# What is being asked
In the listing below, locate the line that contains "-- A C call: its" and the line that contains "res != C.F4KVS_SUCCESS". Restate word for word those two lines and every line between them, and nothing else.

-------

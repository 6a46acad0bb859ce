-- ===== src/Engine.antt =====
-- go/f4kvs.go: the methods of `F4KVS`, one thread at a time. The locking is modelled in `Lock`.
pub mod Stored
pub mod Batch
pub mod Scan
pub mod Loops
pub mod Closed
pub mod Limits
pub mod BatchLimits
pub mod Refinement
pub mod Options
pub mod Open
pub mod Asked
pub mod Opened
mod Tests
mod LoopTests
use f4kvs_ffi.Prelude.{
  ◌%◌, ◌^◌, Bytes, Bool, true, false, Option, none, some, List, [], ◌∷◌, ◌||◌, ltb, ◌==◌, nat_eq,
  bytes_eq, if◌then◌else◌, length, take, Assoc, insert, map,
}
use f4kvs_ffi.Prelude.Exec.{Exec, Outcome, ok, err, panic, pure, raise, panicking, ◌>>=◌, ◌>>◌}
use f4kvs_ffi.Ffi.Text.{c_string, from_ptr}
use f4kvs_ffi.Ffi.Lsm.{Lsm}
use f4kvs_ffi.Ffi.Calls.{
  F4KvsError, error_not_found, Message, CSide, Ffi, Item, engine_get_bytes, engine_put_bytes,
  engine_delete, engine_batch_put_bytes, engine_batch_delete, engine_scan_prefix_keys,
  engine_set_bulk_import, engine_flush, engine_flush_wal, engine_compact, engine_close,
}

-- What `lastError` returns.
pub data ErrorText : Type 0 where
  unknown_error : ErrorText
  message : Message → ErrorText

-- The sentinel errors of go/errors.go, and the `fmt.Errorf` formats with their arguments.
pub data GoError : Type 0 where
  err_not_found err_closed err_txn_committed err_txn_rolled_back : GoError
  get_failed put_failed delete_failed : Bytes → ErrorText → GoError
  batch_put_failed batch_delete_failed set_bulk_import_failed : ErrorText → GoError
  flush_failed flush_wal_failed sync_failed : ErrorText → GoError
  commit_batch_put commit_batch_delete : GoError → GoError
  memory_engine_failed : ErrorText → GoError
  open_engine_failed : Bytes → ErrorText → GoError

-- The Go struct, with the C state that its handle leads to.
pub record F4kvs (S : Type 0) : Type 0 where
  pub c_side : CSide S
  pub open c_side use *
  pub closed : Bool

abbrev pub Go : Type 0 → Type 0 → Type 0
Go S A = Exec (F4kvs S) GoError A

module _ {S : Type 0} where
  -- `e.handle == nil`
  abbrev pub handle_is_nil : F4kvs S → Bool
  handle_is_nil e = elim e.handle [ none ↦ true | some _ ↦ false ]

  unfoldable pub r_lock_live : Go S (Unit {0})
  r_lock_live e = if e.closed || handle_is_nil e then (err err_closed, e) else (ok tt, e)

  unfoldable pub last_error : F4kvs S → ErrorText
  last_error e = elim e.last_error [ none ↦ unknown_error | some msg ↦ message msg ]

  -- A C call: its result code, and what it did to the C state.
  abbrev pub cgo : {A : Type 0} → Ffi S A → Go S (Outcome F4KvsError A)
  cgo m e = let (r, c) = m e.c_side in (ok r, record e { c_side = c })

  -- `if res != C.F4KVS_SUCCESS { return fmt.Errorf(…, lastError()) }`
  unfoldable pub check : {A : Type 0} → (ErrorText → GoError) → Outcome F4KvsError A → Go S A
  unfolding last_error
  check describe (ok a) = pure a
  check describe (err code) = λ e. (err (describe (last_error e)), e)
  check describe panic = panicking

  -- `C.GoBytes(out, C.int(outLen))`: the length is cast to a signed 32-bit number, and a negative
  -- one panics.
  unfoldable pub go_bytes : Bytes → Go S Bytes
  go_bytes out =
      let out_len = length out in
      if out_len == 0
      then pure []
      else if ltb (out_len % 2 ^ 32) (2 ^ 31)
      then pure (take (out_len % 2 ^ 32) out)
      else panicking

  -- What `GetBytes` makes of the answer of the C call.
  unfoldable pub get_answer : Bytes → Outcome F4KvsError Bytes → Go S Bytes
  unfolding check
  get_answer key (ok out) = go_bytes out
  get_answer key (err error_not_found) = raise err_not_found
  get_answer key res = check (get_failed key) res

  -- What `Delete` makes of the answer of the C call.
  unfoldable pub delete_answer : Bytes → Outcome F4KvsError (Unit {0}) → Go S (Unit {0})
  unfolding check
  delete_answer key (err error_not_found) = pure tt
  delete_answer key res = check (delete_failed key) res

-- The pointer to the first byte of a slice, `nil` if it is empty.
unfoldable pub value_ptr : Bytes → Option Bytes
value_ptr [] = none
value_ptr (b ∷ bs) = some (b ∷ bs)

-- An entry of the map as it is handed to `f4kvs_engine_batch_put_bytes`.
unfoldable pub to_item : Bytes × Bytes → Item
unfolding value_ptr
to_item (key, value) = (c_string key, value_ptr value, length value)

-- The keys of a scan; `none` is the nil slice, which stands for an error too.
abbrev scan_answer : Outcome F4KvsError (List Bytes) → Option (List Bytes)
scan_answer (ok keys) = some (map from_ptr keys)
scan_answer _ = none

module _ {S : Type 0} ⦃lsm : Lsm S⦄ where
  unfoldable pub get_bytes : Bytes → Go S Bytes
  unfolding r_lock_live engine_get_bytes get_answer
  get_bytes key = do r_lock_live; res ← cgo (engine_get_bytes (c_string key)); get_answer key res

  unfoldable pub put_bytes : Bytes → Bytes → Go S (Unit {0})
  unfolding r_lock_live engine_put_bytes check value_ptr
  put_bytes key value = do
    r_lock_live
    res ← cgo (engine_put_bytes (c_string key) (value_ptr value) (length value))
    check (put_failed key) res

  -- `Get` and `Put` convert between `string` and `[]byte`, which have the same bytes.
  unfoldable pub get : Bytes → Go S Bytes
  unfolding get_bytes
  get key = do value ← get_bytes key; pure value

  unfoldable pub put : Bytes → Bytes → Go S (Unit {0})
  unfolding put_bytes
  put key value = put_bytes key value

  unfoldable pub delete : Bytes → Go S (Unit {0})
  unfolding r_lock_live engine_delete delete_answer
  delete key = do r_lock_live; res ← cgo (engine_delete (c_string key)); delete_answer key res

  -- The first failure ends the loop: what was put before it stays.
  unfoldable pub batch_put : Assoc Bytes Bytes → Go S (Unit {0})
  unfolding put
  batch_put [] = pure tt
  batch_put ((key, value) ∷ items) = let others = batch_put items in put key value >> others

  -- The loop of `BatchGetBytes` and of `BatchGetValues`.
  unfoldable pub collect :
      (Bytes → Go S Bytes) → List Bytes → Assoc Bytes Bytes → Go S (Assoc Bytes Bytes)
  collect read [] result = pure result
  collect read (key ∷ keys) result = do
    value ← read key
    collect read keys (insert key value result)

  unfoldable pub batch_get_values : List Bytes → Go S (Assoc Bytes Bytes)
  unfolding collect get
  batch_get_values keys = collect get keys []

  unfoldable pub batch_get_bytes : List Bytes → Go S (Assoc Bytes Bytes)
  unfolding collect get_bytes
  batch_get_bytes keys = collect get_bytes keys []

  unfoldable pub batch_put_bytes : Assoc Bytes Bytes → Go S (Unit {0})
  unfolding r_lock_live engine_batch_put_bytes check
  batch_put_bytes [] = pure tt
  batch_put_bytes (item ∷ items) = do
    r_lock_live
    res ← cgo (engine_batch_put_bytes (map to_item (item ∷ items)))
    check batch_put_failed res

  unfoldable pub batch_delete : List Bytes → Go S (Unit {0})
  unfolding r_lock_live engine_batch_delete check
  batch_delete [] = pure tt
  batch_delete (key ∷ keys) = do
    r_lock_live
    res ← cgo (engine_batch_delete (map c_string (key ∷ keys)))
    check batch_delete_failed res

  unfoldable pub set_bulk_import : Bool → Go S (Unit {0})
  unfolding r_lock_live engine_set_bulk_import check
  set_bulk_import on = do
    r_lock_live
    res ← cgo (engine_set_bulk_import (if on then 1 else 0))
    check set_bulk_import_failed res

  unfoldable pub flush : Go S (Unit {0})
  unfolding r_lock_live engine_flush check
  flush = do r_lock_live; res ← cgo engine_flush; check flush_failed res

  unfoldable pub flush_wal : Go S (Unit {0})
  unfolding r_lock_live engine_flush_wal check
  flush_wal = do r_lock_live; res ← cgo engine_flush_wal; check flush_wal_failed res

  unfoldable pub sync : Go S (Unit {0})
  unfolding r_lock_live engine_compact check
  sync = do r_lock_live; res ← cgo engine_compact; check sync_failed res

  unfoldable pub scan_prefix_locked : Bytes → F4kvs S → Option (List Bytes) × F4kvs S
  unfolding engine_scan_prefix_keys
  scan_prefix_locked prefix e =
      let (res, c) = engine_scan_prefix_keys (c_string prefix) e.c_side in
      (scan_answer res, record e { c_side = c })

  unfoldable pub scan_prefix_keys : Bytes → F4kvs S → Option (List Bytes) × F4kvs S
  unfolding scan_prefix_locked
  scan_prefix_keys prefix e =
      if e.closed || handle_is_nil e then (none, e) else scan_prefix_locked prefix e

  unfoldable pub get_all_keys : F4kvs S → Option (List Bytes) × F4kvs S
  unfolding scan_prefix_keys
  get_all_keys = scan_prefix_keys []

  -- The result of `f4kvs_engine_close` is dropped; `f4kvs_engine_free` drops the engine's state.
  unfoldable pub close : F4kvs S → F4kvs S
  unfolding engine_close
  close e =
      if handle_is_nil e
      then e
      else (let (_, c) = engine_close e.c_side in
          record { c_side = record c { handle = none }; closed = true })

-------

# Output below
  -- A C call: its result code, and what it did to the C state.
  abbrev pub cgo : {A : Type 0} → Ffi S A → Go S (Outcome F4KvsError A)
  cgo m e = let (r, c) = m e.c_side in (ok r, record e { c_side = c })

  -- `if res != C.F4KVS_SUCCESS { return fmt.Errorf(…, lastError()) }`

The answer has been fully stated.